Donal O'Shea in his excellent book, The Poincare′ Conjecture: in search of the shape of the universe (Walker & Co, NY, 2007), said "...(Perelman) alluded to a connection between the Ricci flow and a very different flow in physics that connects space at different resolutions. Here, the parameter is not time, but scale--and our space is modeled not by a manifold with a metric, but by a hierarchy of manifolds and metrics connected to the Ricci flow equation. This sort of fundamental shift in point of view was reminiscent of Riemann's probationary lecture. The mathematics belongs squarely to the new century and the new millennium, but the notion of a hierarchy of metrics would have pleased Riemann.
"Perelman wrote `Note that we have a paradox here: the regions that appear to be far from each other at a large distance scale may become close at a smaller distance scale; moreover if we allow Ricci flow through singularities, the regions that are in different connected components at a larger distance scale may become neighboring...' This is the stuff of science fiction. Then, back to Earth. He wrote, 'Anyway, this connection between the Ricci flow and the RG [renormalization group] flow suggests that Ricci flow must be gradient-like; the present work confirms this expectation.' Well, almost back to earth. Gradient flows are relatively well understood, but to say that the Ricci flow can be regarded as a gradient flow represented another fundamental insight."

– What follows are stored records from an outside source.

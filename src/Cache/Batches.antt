-- ===== src/Cache/Batches.antt =====
-- `batch` of utils/batch.py.
use thunderstore.Prelude.{
  ℕ, suc, ◌≤◌, ◌<◌, ◌≡◌, refl, ap, ◌∙◌, inl, inr, true, List, [], ◌∷◌, ◌++◌, append_assoc, arith,
  ltb, leb, Bool-cases, length, length-append,
}
use thunderstore.Cache.{batch_from, batch}

module _ {ℓ} {A : Type ℓ} where
  abbrev pub flattened : List (List A) → List A
  flattened [] = []
  flattened (b ∷ bs) = b ++ flattened bs

  -- Each batch but the last is full, and the last has something.
  abbrev pub IsBatched : ℕ → List (List A) → Type 0
  IsBatched batch_size [] = Unit
  IsBatched batch_size (b ∷ []) = (1 ≤ length b) × (length b ≤ batch_size)
  IsBatched batch_size (b ∷ c ∷ bs) = (length b ≡ batch_size) × IsBatched batch_size (c ∷ bs)

  IsBatched-full :
      (batch_size : ℕ) (b : List A) (bs : List (List A))
      → 1 ≤ batch_size
      → length b ≡ batch_size
      → IsBatched batch_size bs
      → IsBatched batch_size (b ∷ bs)
  IsBatched-full batch_size b [] p e h = (omega arith, omega arith)
  IsBatched-full batch_size b (c ∷ bs) p e h = (e, h)

  batch_from-IsBatched :
      (batch_size : ℕ) (collected xs : List A)
      → length collected < batch_size
      → IsBatched batch_size (batch_from batch_size collected xs)
        × (flattened (batch_from batch_size collected xs) ≡ collected ++ xs)
  unfolding batch_from
  batch_from-IsBatched batch_size [] [] h = (tt, refl)
  batch_from-IsBatched batch_size (c ∷ cs) [] h =
      let some_left : ltb 0 (suc (length cs)) ≡ true = ground arith in
      rw some_left ((omega arith, omega arith), refl)
  batch_from-IsBatched batch_size collected (x ∷ xs) h =
      elim (Bool-cases (leb batch_size (length (collected ++ x ∷ [])))) [
        | inl e ↦
            let full : length (collected ++ x ∷ []) ≡ batch_size =
              ground (arith, length-append collected (x ∷ [])) in
            let (batched, flat) = batch_from-IsBatched batch_size [] xs (omega arith) in
            rw e (
              IsBatched-full batch_size (collected ++ x ∷ []) (batch_from batch_size [] xs)
                  (omega arith) full batched,
              ap (λ ys. (collected ++ x ∷ []) ++ ys) flat ∙ append_assoc collected (x ∷ []) xs,
            )
        | inr e ↦
            let more_room : length (collected ++ x ∷ []) < batch_size = ground arith in
            let (batched, flat) =
              batch_from-IsBatched batch_size (collected ++ x ∷ []) xs more_room in
            rw e (batched, flat ∙ append_assoc collected (x ∷ []) xs)
      ]

  -- The batches have all the elements in order, each batch but the last has the size asked for, and
  -- the last has at least one element and at most that size, where the size is positive.
  pub batch-IsBatched :
      (batch_size : ℕ) (xs : List A)
      → 1 ≤ batch_size
      → IsBatched batch_size (batch batch_size xs) × (flattened (batch batch_size xs) ≡ xs)
  unfolding batch
  batch-IsBatched batch_size xs p = batch_from-IsBatched batch_size [] xs p
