-- ===== src/Cache/Chunks.antt =====
-- The chunks that `update_for_community` of repository/models/cache.py makes of the listings.
use thunderstore.Prelude.{
  ℕ, ◌+◌, ◌≤◌, ◌≡◌, refl, sym, ap, ◌∙◌, ◌≢◌, ◌⊎◌, inl, inr, Bool, true, false, List, [], ◌∷◌, ◌++◌,
  map, append_assoc, arith, ltb, Bool-cases, length, length-append, All, Text, join,
}
use thunderstore.Names.{is_nil}
use thunderstore.Cache.{in_brackets, chunks_from, package_list_chunks}

-- The bytes of a chunk with the given listings
abbrev pub chunk_of : List Text → Text
chunk_of ls = in_brackets (join b',' ls)

abbrev pub concatenated : List (List Text) → List Text
concatenated [] = []
concatenated (ls ∷ rest) = ls ++ concatenated rest

module _ (limit : ℕ) where
  -- A chunk has one listing, or at most one byte more than the limit.
  abbrev pub Fits : List Text → Type 0
  Fits ls = (length ls ≤ 1) ⊎ (length (chunk_of ls) ≤ limit + 1)

  -- The bytes collected so far are those of some listings, and fit.
  abbrev Collected : Text → List Text → Type 0
  Collected content ls = (is_nil content ≡ false) × (join b',' ls ≡ content) × (ls ≢ []) × Fits ls

  join-append :
      (ls : List Text) (l : Text) → ls ≢ [] → join b',' (ls ++ l ∷ []) ≡ join b',' ls ++ b',' ∷ l
  unfolding join
  join-append [] l h = absurd (h refl)
  join-append (a ∷ []) l h = refl
  join-append (a ∷ b ∷ ls) l h =
      rw (join-append (b ∷ ls) l cc) (sym (append_assoc a (b',' ∷ join b',' (b ∷ ls)) (b',' ∷ l)))

  is_nil-append : (s t : Text) → is_nil s ≡ false → is_nil (s ++ t) ≡ false
  unfolding is_nil
  is_nil-append [] t h = cc
  is_nil-append (c ∷ s) t h = refl

  append-ne : (ls : List Text) (l : Text) → (ls ++ l ∷ []) ≢ []
  append-ne [] l = cc
  append-ne (a ∷ ls) l = cc

  fits :
      (content l : Text)
      → ltb limit (length content + length l + 2) ≡ false
      → length (in_brackets (content ++ b',' ∷ l)) ≤ limit + 1
  unfolding in_brackets
  fits content l h =
      let small : length content + length l + 2 ≤ limit = ground arith in
      omega
        (arith, length-append (content ++ b',' ∷ l) (b']' ∷ []), length-append content (b',' ∷ l))

  Collected-longer :
      (content l : Text) (ls : List Text)
      → Collected content ls
      → ltb limit (length content + length l + 2) ≡ false
      → Collected (content ++ b',' ∷ l) (ls ++ l ∷ [])
  Collected-longer content l ls (n, j, ne, f) h =
      let joined : join b',' (ls ++ l ∷ []) ≡ content ++ b',' ∷ l =
        join-append ls l ne ∙ ap (λ x. x ++ b',' ∷ l) j in
      (
        is_nil-append content (b',' ∷ l) n,
        joined,
        append-ne ls l,
        inr (rw joined (fits content l h)),
      )

  listed :
      {l : Text} {ls : List Text} {groups : List (List Text)}
      → concatenated groups ≡ l ∷ ls
      → groups ≢ []
  listed h = cc

  chunks_from-Fits :
      (has_entries : Bool) (content : Text) (ls rest : List Text)
      → Collected content ls
      → All (λ l. is_nil l ≡ false) rest
      → (groups : List (List Text)) × (chunks_from limit has_entries content rest
          ≡ map chunk_of groups)
        × (concatenated groups ≡ ls ++ rest)
        × All Fits groups
  unfolding chunks_from join
  chunks_from-Fits has_entries content ls [] (n, j, ne, f) h =
      (ls ∷ [], rw (n, j) refl, refl, (f, tt))
  chunks_from-Fits has_entries content ls (l ∷ rest) (n, j, ne, f) (m, h) =
      elim (Bool-cases (ltb limit (length content + length l + 2))) [
        | inl e ↦
            let (groups, made, all_listings, fit) =
              chunks_from-Fits true l (l ∷ []) rest (m, refl, cc, inl (omega arith)) h in
            (ls ∷ groups, rw (n, e, made, j) refl, ap (λ x. ls ++ x) all_listings, (f, fit))
        | inr e ↦
            let (groups, made, all_listings, fit) =
              chunks_from-Fits has_entries (content ++ b',' ∷ l) (ls ++ l ∷ []) rest
                (Collected-longer content l ls (n, j, ne, f) e) h in
            (groups, rw (n, e, made) refl, all_listings ∙ append_assoc ls (l ∷ []) rest, fit)
      ]

  -- The chunks of a community's package list, of which there is at least one, are the JSON lists of
  -- consecutive listings: together they have all the listings in order, and a chunk with more than
  -- one listing has at most one byte more than the limit. This is where no listing is without
  -- bytes.
  pub package_list_chunks-Fits :
      (listings : List Text)
      → All (λ l. is_nil l ≡ false) listings
      → (groups : List (List Text)) × (package_list_chunks limit listings ≡ map chunk_of groups)
        × (concatenated groups ≡ listings)
        × All Fits groups
        × (groups ≢ [])
  unfolding package_list_chunks is_nil join
  package_list_chunks-Fits [] h = ([] ∷ [], refl, refl, (inl (omega arith), tt), cc)
  package_list_chunks-Fits (l ∷ ls) (m, h) =
      let (groups, made, all_listings, fit) =
        chunks_from-Fits false l (l ∷ []) ls (m, refl, cc, inl (omega arith)) h in
      (groups, made, all_listings, fit, listed all_listings)

  -- Two listings whose bytes and brackets fill the limit exactly, and of which the first is not
  -- empty, are put in one chunk, which is one byte longer than the limit.
  pub package_list_chunks_exceed :
      (a b : Text)
      → is_nil a ≡ false
      → length a + length b + 2 ≡ limit
      → (package_list_chunks limit (a ∷ b ∷ []) ≡ chunk_of (a ∷ b ∷ []) ∷ [])
        × (length (chunk_of (a ∷ b ∷ [])) ≡ limit + 1)
  unfolding package_list_chunks chunks_from is_nil join in_brackets
  package_list_chunks_exceed a b n e =
      let joined : ltb limit (length a + length b + 2) ≡ false = ground arith in
      let nonempty : is_nil (a ++ b',' ∷ b) ≡ false = is_nil-append a (b',' ∷ b) n in
      (
        rw (n, joined, nonempty) refl,
        omega (arith, length-append (a ++ b',' ∷ b) (b']' ∷ []), length-append a (b',' ∷ b)),
      )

As you know, Lawrence, I am with you all the way on your mathematical strategy of scale invariant functions. One can find application of the above principles in my ICCS 2006 paper "Self organization in real and complex analysis": I wrote, "... a discrete step in time is defined by an exchange of continuous curves for discrete points. Therefore, if every point of n-dimensional space is homeomorphic to a 3-sphere, and time is a physical quantity (of zero measure) on an n-dimensional self-avoiding random walk, a move in time of any magnitude bridges an infinite gulf...by avoiding infinity--'counting' is over the manifold of a 3-sphere embedded in the Hilbert space; continuous curves are exchanged for discrete points in a complex network of randomly oriented self-similar metrics, in a self-limiting system projected between S^3 and S^1."
All best,
Tom